Cette semaine, nous sommes allés à la rencontre de Julie, qui a travaillé pour une entreprise chargée d’ « améliorer » le fonctionnement de Cortana, l’assistant vocal de Microsoft, en écoutant une à une diverses paroles captées par la machine (volontairement ou non).
Nous partageons ici son témoignage édifiant, en vidéo ainsi qu’à l’écrit (en fin d’article).
Comme nous le rappelle Antonio Casilli ci-dessous, ce récit souligne exactement les pratiques très « humaines » que l’on retrouve en masse sous les miroirs trompeurs d’une soi-disant « intelligence artificielle ».(...)
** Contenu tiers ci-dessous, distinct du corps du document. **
-- ===== src/OnlineWebhook/Pushed.antt =====
-- What is pushed, to whom, and what is kept of it.
use nexcore_x_ui.Prelude.{
  ℕ, ◌/◌, ◌==◌, Bool, ◌≡◌, ◌⊎◌, refl, sym, ap, ◌∙◌, String, true, false, not, ◌||◌, Option, none,
  some, List, [], str_eq, if◌then◌else◌, any, arith, Bool-cases, inl, inr,
}
use nexcore_x_ui.Prelude.Text.{trim_space}
use nexcore_x_ui.Prelude.Maps.{lookup, keys_distinct}
use mathlib.Core.Path.{subst}
use nexcore_x_ui.Exec.{Err, webhook_url_rejected, Result, ok, err}
use nexcore_x_ui.Table.{Table}
use nexcore_x_ui.Table.Schemas.{settings_schema}
use nexcore_x_ui.Settings.{Env, get_string}
use nexcore_x_ui.OnlineWebhook.{
  Ip, Url, Online, Post, World, is_forbidden_ip, addresses, all_allowed, is_web, is_valid_url,
  validate_webhook_url, has_diff, snapshot, is_accepted, Webhook, value_or_empty, read_setting,
  node_id, named, send, send_valid, sent, tick_url, tick, send_to, send_now,
}
use nexcore_x_ui.OnlineWebhook.Difference.{has_diff-lookup, snapshot-keys_distinct}

-- The post goes to a web URL whose host stands for some addresses, none of which is forbidden.
abbrev pub Allowed : World → Post → Type 0
Allowed w p =
    (u : Url) × (w.parse_url (trim_space p.url) ≡ some u)
    × (is_web u.scheme ≡ true)
    × ((ips : List Ip) × (addresses w u.host ≡ some ips) × (any is_forbidden_ip ips ≡ false))

all_allowed-some :
    (o : Option (List Ip))
    → all_allowed o ≡ true
    → (ips : List Ip) × (o ≡ some ips) × (any is_forbidden_ip ips ≡ false)
all_allowed-some none h = cc
all_allowed-some (some ips) h = (ips, refl, ground arith)

is_valid_url-Allowed :
    (w : World) (p : Post) (o : Option Url)
    → w.parse_url (trim_space p.url) ≡ o
    → is_valid_url w o ≡ true
    → Allowed w p
is_valid_url-Allowed w p none h v = cc
is_valid_url-Allowed w p (some u) h v =
    (u, h, ground arith, all_allowed-some (addresses w u.host) (ground arith))

-- A status in the two hundreds.
abbrev pub is_success : Option ℕ → Bool
is_success none = false
is_success (some status) = status / 100 == 2

ok-is_success : (o : Option ℕ) → is_accepted o ≡ ok tt → is_success o ≡ true
ok-is_success none h = cc
ok-is_success (some status) h = ground arith

err-is_success : (o : Option ℕ) {e : Err} → is_accepted o ≡ err e → is_success o ≡ false
err-is_success none h = refl
err-is_success (some status) h = ground arith

abbrev post_of : Option Post → Post
post_of none = record {
  url = "";
  body = record { node_id = ""; ts = 0; online = [] };
  signature = none;
}
post_of (some p) = p

module _ (settings : Table settings_schema) (env : Env) where
  -- An outcome that posts only what is allowed.
  send-Allowed :
      (w : World) (url : String) (now : ℕ) (snap : Online) (s : Webhook settings env) {p : Post}
      → (send settings env w url now snap s).1 ≡ some p
      → Allowed w p
  unfolding send validate_webhook_url
  send-Allowed w url now snap s {p} h = elim (Bool-cases (validate_webhook_url w url)) [
    | inl valid ↦
        (let posted : ◌≡◌ {A = Option Post} (send_valid settings env w url now snap s).1 (some p) =
            rw valid at h in
          let same : url ≡ p.url =
            ap (λ (o : Option Post). elim o [ none ↦ url | some q ↦ q.url ]) posted in
          is_valid_url-Allowed w p (w.parse_url (trim_space p.url)) refl
            (ap (λ x. is_valid_url w (w.parse_url (trim_space x))) (sym same) ∙ valid))
    | inr refused ↦ cc (rw refused at h)
  ]

  sent-posted :
      (current : Online) (r : Result (Unit {0}) × Option Post × Webhook settings env)
      → (sent settings env current r).0 ≡ r.1
  sent-posted current (ok x, p, s) = refl
  sent-posted current (err e, p, s) = refl

  tick_url-Allowed :
      (w : World) (now : ℕ) (raw : Online) (r : Result String × Webhook settings env) {p : Post}
      → (tick_url settings env w now raw r).0 ≡ some p
      → Allowed w p
  tick_url-Allowed w now raw (err e, s) h = cc
  tick_url-Allowed w now raw (ok url, s) h =
      let current = snapshot w raw in
      elim (Bool-cases (str_eq url "" || not (has_diff s.last_sent current))) [
        | inl quiet ↦ cc (rw quiet at h)
        | inr due ↦
            send-Allowed w url now current s
              (sym (sent-posted current (send settings env w url now current s)) ∙ (rw due at h))
      ]

  send_to-Allowed :
      (w : World) (now : ℕ) (raw : Online) (r : Result String × Webhook settings env) {p : Post}
      → (send_to settings env w now raw r).1 ≡ some p
      → Allowed w p
  send_to-Allowed w now raw (err e, s) h = cc
  send_to-Allowed w now raw (ok url, s) h = elim (Bool-cases (str_eq url "")) [
    | inl blank ↦ cc (rw blank at h)
    | inr there ↦ send-Allowed w url now (snapshot w raw) s (rw there at h)
  ]

  -- Whatever a tick or SendNow posts goes to an http or https URL whose host stands for at least one
  -- address, and none of its addresses is loopback, unspecified, multicast, link-local or private.
  pub tick-Allowed :
      (w : World) (now : ℕ) (raw : Online) (s : Webhook settings env) (p : Post)
      → ((tick settings env w now raw s).0 ≡ some p)
        ⊎ ((send_now settings env w now raw s).1 ≡ some p)
      → Allowed w p
  unfolding tick send_now
  tick-Allowed w now raw s p (inl h) =
      tick_url-Allowed w now raw (read_setting settings env "onlineWebhookUrl" s) h
  tick-Allowed w now raw s p (inr h) =
      send_to-Allowed w now raw (read_setting settings env "onlineWebhookUrl" s) h

  read_setting-last_sent :
      (key : String) (s : Webhook settings env)
      → (read_setting settings env key s).1.last_sent ≡ s.last_sent
  unfolding read_setting
  read_setting-last_sent key s = refl

  named-last_sent :
      (w : World) (id : String) (s : Webhook settings env)
      → (named settings env w id s).1.last_sent ≡ s.last_sent
  named-last_sent w id s = elim (Bool-cases (not (str_eq id ""))) [
    | inl set ↦ rw set refl
    | inr unset ↦ rw unset (elim (Bool-cases (not (str_eq s.resolved_node_id ""))) [
      | inl known ↦ rw known refl
      | inr new ↦ rw new refl
    ])
  ]

  node_id-last_sent :
      (w : World) (s : Webhook settings env) → (node_id settings env w s).1.last_sent ≡ s.last_sent
  unfolding node_id
  node_id-last_sent w s =
      named-last_sent w
        (value_or_empty settings env (read_setting settings env "onlineWebhookNodeId" s).0)
        (read_setting settings env "onlineWebhookNodeId" s).1
      ∙ read_setting-last_sent "onlineWebhookNodeId" s

  send_valid-last_sent :
      (w : World) (url : String) (now : ℕ) (snap : Online) (s : Webhook settings env)
      → (send_valid settings env w url now snap s).2.last_sent ≡ s.last_sent
  send_valid-last_sent w url now snap s =
      read_setting-last_sent "onlineWebhookSecret" (node_id settings env w s).1
      ∙ node_id-last_sent w s

  -- What became of the last one sent, given what it was, what a tick posted and the state after it: an
  -- answer of success to a post that carries what is kept now, or else no such answer and nothing changed.
  abbrev pub Kept : World → Online → Option Post × Webhook settings env → Type 0
  Kept w before r =
      ((p : Post) × (r.0 ≡ some p)
        × (is_success (w.send_post p) ≡ true)
        × (r.1.last_sent ≡ p.body.online))
      ⊎ (((r.0 ≡ none) ⊎ ((p : Post) × (r.0 ≡ some p) × (is_success (w.send_post p) ≡ false)))
          × (r.1.last_sent ≡ before))

  sent-Kept :
      (w : World) (current before : Online) (o : Result (Unit {0})) (p : Post)
      (u : Webhook settings env)
      → is_accepted (w.send_post p) ≡ o
      → p.body.online ≡ current
      → u.last_sent ≡ before
      → Kept w before (sent settings env current (o, some p, u))
  sent-Kept w current before (ok x) p u h online kept =
      inl (p, refl, ok-is_success (w.send_post p) h, sym online)
  sent-Kept w current before (err e) p u h online kept =
      inr (inr (p, refl, err-is_success (w.send_post p) h), kept)

  send-Kept :
      (w : World) (url : String) (now : ℕ) (current : Online) (s : Webhook settings env)
      → Kept w s.last_sent (sent settings env current (send settings env w url now current s))
  unfolding send
  send-Kept w url now current s = elim (Bool-cases (validate_webhook_url w url)) [
    | inr refused ↦ rw refused (inr (inl refl, refl))
    | inl valid ↦
        subst
          (λ b. Kept w s.last_sent (
            sent settings env current (
              if b
              then send_valid settings env w url now current s
              else (err webhook_url_rejected, none, s))))
          (sym valid)
          (sent-Kept w current s.last_sent (send_valid settings env w url now current s).0
            (post_of (send_valid settings env w url now current s).1)
            (send_valid settings env w url now current s).2 refl refl
            (send_valid-last_sent w url now current s))
  ]

  tick_url-Kept :
      (w : World) (now : ℕ) (raw : Online) (r : Result String × Webhook settings env)
      → Kept w r.1.last_sent (tick_url settings env w now raw r)
  tick_url-Kept w now raw (err e, s) = inr (inl refl, refl)
  tick_url-Kept w now raw (ok url, s) =
      let current = snapshot w raw in
      elim (Bool-cases (str_eq url "" || not (has_diff s.last_sent current))) [
        | inl quiet ↦ rw quiet (inr (inl refl, refl))
        | inr due ↦ rw due (send-Kept w url now current s)
      ]

  -- Either a tick made a post that was answered with a status in the two hundreds, and then what it keeps as
  -- the last one sent is what that post carried; or it made no post, or one with another answer or none, and
  -- then it keeps what was sent last before.
  pub tick-last_sent :
      (w : World) (now : ℕ) (raw : Online) (s : Webhook settings env)
      → Kept w s.last_sent (tick settings env w now raw s)
  unfolding tick read_setting
  tick-last_sent w now raw s =
      tick_url-Kept w now raw (read_setting settings env "onlineWebhookUrl" s)

  accepted-current :
      (w : World) (current : Online) (p : Post) (u : Webhook settings env)
      → is_accepted (w.send_post p) ≡ ok tt
      → (sent settings env current (is_accepted (w.send_post p), some p, u)).1.last_sent ≡ current
  accepted-current w current p u h = rw h refl

  sent-current :
      (w : World) (url : String) (now : ℕ) (current : Online) (s : Webhook settings env)
      → validate_webhook_url w url ≡ true
      → ((p : Post) → is_accepted (w.send_post p) ≡ ok tt)
      → (sent settings env current (send settings env w url now current s)).1.last_sent ≡ current
  unfolding send
  sent-current w url now current s valid answers =
      let r = send_valid settings env w url now current s in
      rw valid (accepted-current w current (post_of r.1) r.2 (answers (post_of r.1)))

  tick_url-current :
      (w : World) (now : ℕ) (raw : Online) (url email : String) (s : Webhook settings env)
      → str_eq url "" ≡ false
      → validate_webhook_url w url ≡ true
      → ((p : Post) → is_accepted (w.send_post p) ≡ ok tt)
      → keys_distinct s.last_sent ≡ true
      → keys_distinct raw ≡ true
      → lookup email (tick_url settings env w now raw (ok url, s)).1.last_sent
        ≡ lookup email (snapshot w raw)
  tick_url-current w now raw url email s named valid answers d e =
      let current = snapshot w raw in
      elim (Bool-cases (has_diff s.last_sent current)) [
        | inl changed ↦
            rw (named, changed) (ap (lookup email) (sent-current w url now current s valid answers))
        | inr same ↦
            rw (named, same)
              (has_diff-lookup s.last_sent current d (snapshot-keys_distinct w raw e) same email)
      ]

  -- A tick with a URL that is set and allowed, and an answer that is a success, leaves as last sent, email by
  -- email, the snapshot of the addresses that are online, whether it had to push it or not.
  pub tick-current :
      (w : World) (now : ℕ) (raw : Online) (url email : String) (s : Webhook settings env)
      → (get_string settings env "onlineWebhookUrl" s.store).0 ≡ ok url
      → str_eq url "" ≡ false
      → validate_webhook_url w url ≡ true
      → ((p : Post) → is_accepted (w.send_post p) ≡ ok tt)
      → keys_distinct s.last_sent ≡ true
      → keys_distinct raw ≡ true
      → lookup email (tick settings env w now raw s).1.last_sent ≡ lookup email (snapshot w raw)
  unfolding tick read_setting
  tick-current w now raw url email s set named valid answers d e =
      let t : Webhook settings env = record s {
        store = (get_string settings env "onlineWebhookUrl" s.store).1;
      } in
      ap (λ r. lookup email (tick_url settings env w now raw (r, t)).1.last_sent) set
      ∙ tick_url-current w now raw url email t named valid answers d e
Malgré les allégations de leurs producteurs, les assistants virtuels qui équipent les enceintes connectées trônant dans nos salles à manger ou qui se nichent jusque dans nos poches, installés sur nos smartphones, ne naissent pas intelligents. Ils doivent apprendre à interpréter les requêtes et les habitudes de leurs utilisateurs.
Cet apprentissage est aidé par des êtres humains, qui vérifient la pertinence des réponses des assistants virtuels aux questions de leurs propriétaires. Mais plus souvent encore, ces êtres humains « entraînent » les dispositifs, en leurs fournissant des données déjà préparées, des requêtes avec des réponses toutes faites (ex. « Quelle est la météo aujourd’hui ? » : « Il fait 23 degrés » ou « Il pleut »), des phrases auxquelles ils fournissent des interprétations (ex. savoir dans quel contexte « la flotte » signifie « un ensemble de navires » ou « la pluie »).
Ces dresseurs d’intelligences artificielles sont parfois des télétravailleurs payés à l’heure par des entreprises spécialisées. Dans d’autres cas, ils sont des « travailleurs à la pièce » recrutés sur des services web que l’on appelle des plateformes de micro-travail.
Celle de Microsoft s’appelle UHRS et propose des rémunérations de 3, 2, voire même 1 centime de dollar par micro-tâche (retranscrire un mot, labelliser une image…). Parfois les personnes qui trient vos requêtes, regardent vos photos, écoutent vos propos sont situés dans votre pays, voire dans votre ville (peut-être vos voisins d’en bas ?). D’autres fois, ils sont des travailleurs précaires de pays francophones, comme la Tunisie, le Maroc ou Madagascar (qui s’est dernièrement imposé comme « leader français de l’intelligence artificielle »
Les logiciels à activation vocale tels Cortana, Siri ou Alexa sont des agents conversationnels qui possèdent une forte composante de travail non-artificiel. Cette implication humaine introduit des risques sociétaux spécifiques. La confidentialité des données personnelles utilisées pour entraîner les solutions intelligentes est à risque. Ces IA présupposent le transfert de quantités importantes de données à caractère personnel et existent dans une zone grise légale et éthique.
Dans la mesure où les usagers des services numériques ignorent la présence d’êtres humains dans les coulisses de l’IA, ils sous-estiment les risques qui pèsent sur leur vie privée. Il est urgent de répertorier les atteintes à la privacy et à la confidentialité associées à cette forme de « digital labor », afin d’en estimer la portée pour informer, sensibiliser, et mieux protéger les personnes les plus exposées.(...)
Témoignage complet de Julie(...)
Les outils comme Cortana sont hautement intrusifs et ont accès à une liste impressionnante de données personnelles, qu’ils exploitent et développent simultanément.
La collecte de données qu’ils peuvent permettre peut être utilisée à votre insu, détournée, utilisée contre votre gré, tombée entre de mauvaises mains, être exploitée à des fins auxquelles vous n’avez jamais consciemment donné votre accord…
Personnaliser les paramètres de confidentialité de services de ce genre requiert parfois des compétences en informatique qui dépassent l’utilisateur amateur, et des écrans de fumée font oublier que vous sacrifiez et marchandez votre vie privée à l’aide de formules comme "personnalisation du contenu", "optimisation des résultats", "amélioration de votre expérience et de nos services".
Beaucoup d’utilisateurs se sentent dépassés par tout ça, et les GAFAM savent exactement comment en tirer parti.